En España, país poco afectado por la revolución industrial, y por lo tanto, con un proletariado poco desarrollado, las ideas igualitarias y "socialistas" (contrarias a la propiedad privada) fueron filtradas por los movimientos radicales de la burguesía. La palabra "demócrata", en sus inicios, designaba en lo político algo parecido a anarquista. En el "Diccionario de los Políticos" (1855), del monárquico Juan Rico y Amat, se decía que "el demócrata puro es enemigo acérrimo de todo lo que se roce con el gobierno"; el demócrata confíaba en la insurrección como método para alcanzar su objetivo, la igualdad política: "Si pertenece a la medianía, nunca usa el don; siempre se nombra fulano de tal a secas: tiene gusto en tutear y dar la mano a los de la clase baja, y en los pronunciamientos, llama ciudadanos a los hombres y ciudadanas a las mugeres." Una fracción de los demócratas, los republicanos federales, trataron de conciliar el problema de la mediación entre pueblo y Estado recurriendo a la descentralización administrativa.
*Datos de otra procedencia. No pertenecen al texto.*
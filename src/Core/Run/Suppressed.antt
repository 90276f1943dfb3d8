-- ===== src/Core/Run/Suppressed.antt =====
-- A scan probes no suppressed host.
use certinv.Prelude.{
  ℕ, ◌+◌, ℤ, int_eq, String, Bool, true, false, not, ◌&&◌, Option, List, map, any, select, All,
  All-map, ◌++◌, ◌==◌, ◌≡◌, refl, sym, ◌∙◌, subst, inl, inr, Bool-cases,
}
use certinv.Clock.{Time}
use certinv.Config.{Float64}
use certinv.Discover.{Host, normalize_hostname, merge}
use certinv.Result.{Result, ok, err}
use certinv.Store.Schema.{Db, SuppressedRow}
use certinv.Store.Table.{order_by}
use certinv.Store.Exec.{query}
use certinv.Store.Hosts.{SuppressedHost, suppressed_hosts}
use certinv.Store.Snapshots.Inventory.{any-order_by, any-map, select_passes}
use certinv.Store.Managed.Owned.{SameOwned}
use certinv.Core.{Outside, Runner, World, Target, no_summary, Step, continue, ◌>>=◌, in_store}
use certinv.Core.Owned.{
  Leaves, effective_apexes-Leaves, effective_sources-Leaves, effective_manual_hosts-Leaves,
  discover_sources-Leaves, manual_group-Leaves, retry_pending_events-Leaves,
}
use certinv.Core.Discovery.{is_suppressed, in_context, discover}
use certinv.Core.Discovery.Probing.{discover-IsQuiet}
use certinv.Core.Notifying.{retry_pending_events}
use certinv.Core.Run.{run, register, after_apexes, after_retries}
use certinv.Core.Run.Frame.{register-IsCalm, retry_pending_events-IsCalm}
use certinv.Core.Run.Owned.{register-Leaves}
use certinv.Core.Run.Scope.{scan_hosts-keeps, record_scan-probed}

-- no row suppresses this name, normalized, and port
abbrev pub IsUnsuppressed : List SuppressedRow → String → ℤ → Type 0
IsUnsuppressed rows hostname port =
    any (λ r. normalize_hostname r.hostname == normalize_hostname hostname && int_eq r.port port)
      rows
    ≡ false

abbrev AllOk : {A : Type 0} → (A → Type 0) → Result A → Type 0
AllOk Q (ok a) = Q a
AllOk Q (err e) = Unit {0}

-- what a step gives where it succeeds, in a world whose managed tables are these
record Gives (before : Db) {A : Type 0} (Q : A → Type 0) (m : Step A) : Type 0 where
  at : (w : World) → SameOwned before w.conn.db → AllOk Q (m w).0

module _ {before : Db} where
  continue-Gives :
      {A B : Type 0} {Q : B → Type 0} (x : Result A) (f : A → Step B)
      → ((a : A) → Gives before Q (f a))
      → (w : World) → SameOwned before w.conn.db
      → AllOk Q (continue x f w).0
  continue-Gives (ok a) f h w p = (h a).at w p
  continue-Gives (err e) f h w p = tt

  >>=-Gives :
      {A B : Type 0} {Q : B → Type 0} {m : Step A} {f : A → Step B}
      → Leaves before m
      → ((a : A) → Gives before Q (f a))
      → Gives before Q (m >>= f)
  unfolding ◌>>=◌
  >>=-Gives {m} {f} hm hf = record { at = λ w p. continue-Gives (m w).0 f hf (m w).1 (hm.at w p) }

module _ (before : Db) (out : Outside) where
  abbrev AreUnsuppressed : List Host → Type 0
  AreUnsuppressed = All (λ h. IsUnsuppressed before.suppressed_hosts h.hostname h.port)

  not-true : (b : Bool) → not b ≡ true → b ≡ false
  not-true true h = absurd (cc h)
  not-true false h = refl

  not_suppressed :
      (rows : List SuppressedRow) (le : SuppressedRow → SuppressedRow → Bool) (h : Host)
      → not (
          is_suppressed
            (map {B = SuppressedHost}
              (λ r. record { hostname = r.hostname; port = r.port })
              (order_by le rows))
            h)
        ≡ true
      → IsUnsuppressed rows h.hostname h.port
  not_suppressed rows le h passed =
      let test = λ (r : SuppressedRow).
        normalize_hostname r.hostname == normalize_hostname h.hostname && int_eq r.port h.port in
      sym (any-order_by test le rows)
      ∙ sym (
          any-map
            (λ (s : SuppressedHost).
              normalize_hostname s.hostname == normalize_hostname h.hostname
              && int_eq s.port h.port)
            (λ (r : SuppressedRow). record { hostname = r.hostname; port = r.port })
            (order_by le rows))
      ∙ not-true _ passed

  -- the last step of the discovery
  abbrev filtered : List Host → Step (List Host)
  filtered found =
      in_context "load suppressed hosts" (in_store (suppressed_hosts out.driver))
      >>= λ suppressed w. (ok (select (λ h. not (is_suppressed suppressed h)) found), w)

  filtered-Gives : (found : List Host) → Gives before AreUnsuppressed (filtered found)
  unfolding ◌>>=◌ suppressed_hosts certinv.Store.Exec.statement
  filtered-Gives found = record {
    at = λ w p. elim (Bool-cases (out.driver w.conn.calls)) [
      | inl bad ↦ rw bad tt
      | inr good ↦ rw good (
          All-map _ (λ h. IsUnsuppressed before.suppressed_hosts h.hostname h.port)
            (λ h passed.
              subst (λ rows. IsUnsuppressed rows h.hostname h.port) p.2
                (not_suppressed w.conn.db.suppressed_hosts _ h passed))
            _ (select_passes _ found))
    ];
  }

module _ (before : Db) (float : Float64) (out : Outside) (r : Runner float.F) where
  discover-Gives : Gives before (AreUnsuppressed before out) (discover out r)
  unfolding discover
  discover-Gives = >>=-Gives (effective_apexes-Leaves out r) (λ apexes.
      >>=-Gives (effective_sources-Leaves out r) (λ sources.
        >>=-Gives (discover_sources-Leaves sources apexes) (λ groups.
          >>=-Gives (discover_sources-Leaves r.sources apexes) (λ more.
            >>=-Gives (effective_manual_hosts-Leaves out r apexes) (λ hosts.
              >>=-Gives (manual_group-Leaves out r hosts apexes)
                (λ manual. filtered-Gives before out (merge (groups ++ (more ++ manual)))))))))

  -- the target is not suppressed
  abbrev IsFree : Target → Type 0
  IsFree t = IsUnsuppressed before.suppressed_hosts t.hostname t.port

  of_ok :
      (x : Result (List Host)) (hosts : List Host)
      → AllOk (AreUnsuppressed before out) x
      → x ≡ ok hosts
      → AreUnsuppressed before out hosts
  of_ok x hosts all e = subst (AllOk (AreUnsuppressed before out)) e all

  after_retries-IsFree :
      (limit : Option ℕ) (x : Result (ℕ × ℕ)) (w : World)
      → SameOwned before w.conn.db
      → All IsFree w.probed
      → All IsFree (after_retries float out r limit (x, w)).1.probed
  after_retries-IsFree limit (err e) w p k = k
  after_retries-IsFree limit (ok counts) w p k =
      let found = discover out r w in
      let s = record no_summary { notified = counts.0; notify_failed = counts.1 } in
      scan_hosts-keeps float out r IsFree limit s found.0 found.1
        (λ hosts e. of_ok found.0 hosts (discover-Gives.at w p) e)
        (subst (All IsFree) (sym ((discover-IsQuiet out r).at w)) k)

  after_apexes-IsFree :
      (limit : Option ℕ) (at : Time) (x : Result (Unit {0})) (w : World)
      → SameOwned before w.conn.db
      → All IsFree w.probed
      → All IsFree (after_apexes float out r limit at (x, w)).1.probed
  after_apexes-IsFree limit at (err e) w p k = k
  after_apexes-IsFree limit at (ok u) w p k =
      let retried = retry_pending_events out r.notifiers at w in
      after_retries-IsFree limit retried.0 retried.1
        ((retry_pending_events-Leaves {before = before} out r.notifiers at).at w p)
        (subst (All IsFree) (sym ((retry_pending_events-IsCalm out r.notifiers at).at w).probed) k)

-- A scan probes no host that is suppressed when it begins: no target probed has the name, normalized,
-- and the port of a row of suppressed hosts, if none probed before has. This holds whatever the world
-- outside answers, whatever fails, and wherever the context ends the scan.
pub run-IsUnsuppressed :
    (float : Float64) (out : Outside) (r : Runner float.F) (limit : Option ℕ) (w : World)
    → All (λ (t : Target). IsUnsuppressed w.conn.db.suppressed_hosts t.hostname t.port) w.probed
    → All
        (λ (t : Target). IsUnsuppressed w.conn.db.suppressed_hosts t.hostname t.port)
        (run float out r limit w).1.probed
unfolding run
run-IsUnsuppressed float out r limit w k =
    let before = w.conn.db in
    let free = λ (t : Target). IsUnsuppressed before.suppressed_hosts t.hostname t.port in
    let at = out.clock w.calls in
    let begun : World = record w { calls = w.calls + 1 } in
    let registered = register float out r at begun in
    let done = after_apexes float out r limit at registered in
    subst (All free) (sym (record_scan-probed float out r at done.0 done.1)) (
      after_apexes-IsFree before float out r limit at registered.0 registered.1
        ((register-Leaves before float out r at).at begun (refl, refl, refl, refl, refl, refl))
        (subst (All free) (sym ((register-IsCalm float out r at).at begun).probed) k))
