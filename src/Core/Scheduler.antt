-- ===== src/Core/Scheduler.antt =====
-- internal/core/scheduler.go: one scan at once, and one at each tick until the context is done. The
-- ticks that come before are counted; the ticker of Go drops ticks that come while a scan runs.
use certinv.Prelude.{ℕ, zero, suc, pos, leb_ℤ, Option, none, some, if◌then◌else◌}
use certinv.Clock.{Duration}
use certinv.Result.{message, Result, ok, err}

-- `run`, which drops the error of a scan
abbrev pub run_once : {S : Type 0} → (S → Result (Unit {0}) × S) → S → S
run_once scan s = (scan s).1

unfoldable pub at_ticks : {S : Type 0} → (S → Result (Unit {0}) × S) → ℕ → S → S
at_ticks scan zero s = s
at_ticks scan (suc ticks) s = at_ticks scan ticks (run_once scan s)

abbrev pub with_function :
    {S : Type 0} → Option (S → Result (Unit {0}) × S) → ℕ → S → Result (Unit {0}) × S
with_function none ticks s = (err (message "run function is required"), s)
with_function (some scan) ticks s = (ok tt, at_ticks scan ticks (run_once scan s))

-- `Scheduler.Run`
unfoldable pub schedule :
    {S : Type 0} → Duration → Option (S → Result (Unit {0}) × S) → ℕ → S → Result (Unit {0}) × S
schedule interval scan ticks s =
    if leb_ℤ interval (pos 0)
    then (err (message "schedule interval must be positive"), s)
    else with_function scan ticks s
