-- ===== src/Evaluate/Events.antt =====
-- Which event an evaluation raises.
use certinv.Prelude.{ℕ, String, eq_iff, ◌≡◌, ◌≢◌, ◌⊎◌, ◌↔◌, none, some, arith}
use certinv.Clock.{Time}
use certinv.Config.{Float64, Thresholds}
use certinv.Cert.{Metadata}
use certinv.Evaluate.{Event, Result, event_for, certificate}

-- what an evaluation of `cert` with result `r` and the stored state `previous` may raise
pub record Raises (cert : Metadata) (previous : String) (host_id : ℕ) (r : Result) (e : Event)
    : Type 0 where
  pub fingerprint : e.fingerprint ≡ cert.fingerprint
  pub host : e.host_id ≡ host_id
  pub cause :
      ((previous ≡ "") × (e.kind ≡ "discovered"))
      ⊎ ((previous ≢ "") × (e.kind ≡ r.state) × (r.state ≢ previous) × (r.state ≢ "healthy"))

event_none :
    (previous state detail fp : String) (h : ℕ)
    → event_for previous state detail fp h ≡ none
    → (previous ≢ "") × ((state ≡ previous) ⊎ (state ≡ "healthy"))
unfolding event_for
event_none previous state detail fp h e =
    ground (arith, eq_iff previous "", eq_iff previous state, eq_iff state "healthy")

event_none_of :
    (previous state detail fp : String) (h : ℕ)
    → previous ≢ ""
    → (state ≡ previous) ⊎ (state ≡ "healthy")
    → event_for previous state detail fp h ≡ none
unfolding event_for
event_none_of previous state detail fp h ne c =
    ground (arith, eq_iff previous "", eq_iff previous state, eq_iff state "healthy")

event_some :
    (previous state detail fp : String) (h : ℕ) (e : Event)
    → event_for previous state detail fp h ≡ some e
    → (e.fingerprint ≡ fp)
      × (e.host_id ≡ h)
      × (((previous ≡ "") × (e.kind ≡ "discovered"))
          ⊎ ((previous ≢ "") × (e.kind ≡ state) × (state ≢ previous) × (state ≢ "healthy")))
unfolding event_for
event_some previous state detail fp h e p =
    ground (arith, eq_iff previous "", eq_iff previous state, eq_iff state "healthy")

module _ (float : Float64) (cert : Metadata) (thresholds : Thresholds float.F) (now : Time)
    (previous : String) (host_id : ℕ) where
  abbrev result : Result
  result = certificate float cert thresholds now previous host_id

  -- An evaluation raises no event exactly when a state was stored before and the new state is the
  -- same or healthy.
  pub certificate-no_event :
      (result.event ≡ none)
      ↔ ((previous ≢ "") × ((result.state ≡ previous) ⊎ (result.state ≡ "healthy")))
  unfolding certificate
  certificate-no_event =
      (event_none previous _ _ _ host_id, λ h. event_none_of previous _ _ _ host_id h.0 h.1)

  -- An event that an evaluation raises carries the certificate's fingerprint and the host. Either no
  -- state was stored before and its kind is "discovered", whatever the new state; or one was, and
  -- its kind is the new state, which differs from the stored one and is not healthy.
  pub certificate-Raises :
      (e : Event) → result.event ≡ some e → Raises cert previous host_id result e
  unfolding certificate
  certificate-Raises e h =
      let f = event_some previous _ _ _ host_id e h in
      record { fingerprint = f.0; host = f.1; cause = f.2 }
En palabras de Pi y Margall, traductor de Proudhon: "En la actual organización, el Estado lo administra todo; en la federación, el Estado, la Provincia y el Municipio son tres entidades igualmente autónomas, enlazadas por pactos sinalagmáticos y concretos. Tiene cada una determinada su esfera de acción por la misma índole que los intereses que representa y pueden todos moverse libremente sin que se entrechoquen." La República Federal, gobierno del pueblo soberano, no sería más que la suma federada de esos pactos. Pero para constituirse el pueblo primero tenía que romperse el Estado monárquico, de forma que sus fragmentos autónomos decidieran libremente confederarse. El partido federal, al propugnar la desmembración del Estado, se situaba contra todos los demás partidos, pero mantenía distancias con el proletariado. Creía en la armonía de las clases, respetaba la propiedad y era enemigo las huelgas y demás manifestaciones de la lucha social, por lo que apenas surgida la Asociación Internacional de Trabajadores en España perdió el apoyo de los militantes obreros. Su oportunidad histórica se esfumó con el fracaso de la Primera República, la de 1873; no obstante, la idea del municipio como célula de la sociedad libre caló tan hondo como el pensamiento de Bakunin, transmitido a los trabajadores españoles por los internacionalistas.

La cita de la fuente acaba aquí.